• _THE TASK_
When you reach the line containing "ssl_client_key = [];" in the data below, begin returning lines exactly as written, and stop once the line containing "(λ (t, r). (r ≡ ok)" has been returned.

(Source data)

■ ■ ■ ■ ■ ■ ■

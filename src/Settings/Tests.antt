-- ===== src/Settings/Tests.antt =====
-- Runs of src/cfg.c on a file of two lines.
use agentsmith.Base.{ℕ, Bool, true, [], ◌∷◌, none, some, ◌≡◌, arith}
use agentsmith.Base.Outcome.{ok}
use agentsmith.Base.Cstring.{Bytes}
use agentsmith.Samples.{numbers}
use agentsmith.Config.{Config}
use agentsmith.Settings.{Settings, Defaults, config_sanitize}
use agentsmith.Settings.Addresses.{Names}
use agentsmith.Settings.File.{config_read}
use agentsmith.Settings.Sane.{IsSane, IsPattern, Sanitized, config_sanitize_ranges}
use agentsmith.Settings.Setting.{Ends}
use agentsmith.Settings.Ending.{IsNearlySane, config_read-Ends}

-- "inform=1", and a comment without a newline.
abbrev file : Bytes
file = b'i' ∷ b'n' ∷ b'f' ∷ b'o' ∷ b'r' ∷ b'm' ∷ b'=' ∷ b'1' ∷ b'\n' ∷ b'#' ∷ b' ' ∷ []

abbrev settings : Settings
settings = record {
  pidfile = [];
  syslogfile = [];
  action = [];
  exclude = [];
  ssl_ca_file = [];
  ssl_crl_file = [];
  ssl_server_key = [];
  ssl_server_cert = [];
  ssl_client_key = [];
  ssl_client_cert = [];
  regex = [];
  numbers = numbers;
  listen = [];
  inform_agents = [];
}

abbrev defaults : Defaults
defaults = record { pidfile = []; regex = []; logfile = []; action = [] }

abbrev no_names : Names
no_names = record { getaddrinfo = λ host port. none; copy = true; item = true }

abbrev grant_all : Bytes → ℕ → Bool
grant_all path mode = true

config_read-Ends_example :
    Ends
      (λ (t, r). (r ≡ ok) × IsNearlySane 5 t.numbers)
      (config_read defaults no_names grant_all true (some file) settings)
config_read-Ends_example =
    config_read-Ends defaults no_names grant_all true file settings (omega arith)

-- Too many connections and no timeout.
abbrev out_of_range : Config
out_of_range = record numbers { maxinconnections = 300; server_timeout = 0 }

out_of_range-IsPattern : IsPattern out_of_range
out_of_range-IsPattern = record {
  action_threshold = omega arith;
  time_interval = omega arith;
  purge_after = omega arith;
  server_timeout = omega arith;
  server_backlog = omega arith;
  maxinconnections = omega arith;
  inform_retry_wait = omega arith;
}

config_sanitize_ranges_example :
    Sanitized out_of_range (config_sanitize out_of_range)
    × IsSane (config_sanitize out_of_range)
    × (config_sanitize (config_sanitize out_of_range) ≡ config_sanitize out_of_range)
config_sanitize_ranges_example = config_sanitize_ranges out_of_range out_of_range-IsPattern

■ ■ ■ ■ ■ ■ ■

• _SOLUTION TO THIS TASK_
  ssl_client_key = [];
  ssl_client_cert = [];
  regex = [];
  numbers = numbers;
  listen = [];
  inform_agents = [];
}

abbrev defaults : Defaults
defaults = record { pidfile = []; regex = []; logfile = []; action = [] }

abbrev no_names : Names
no_names = record { getaddrinfo = λ host port. none; copy = true; item = true }

abbrev grant_all : Bytes → ℕ → Bool
grant_all path mode = true

config_read-Ends_example :
    Ends
      (λ (t, r). (r ≡ ok) × IsNearlySane 5 t.numbers)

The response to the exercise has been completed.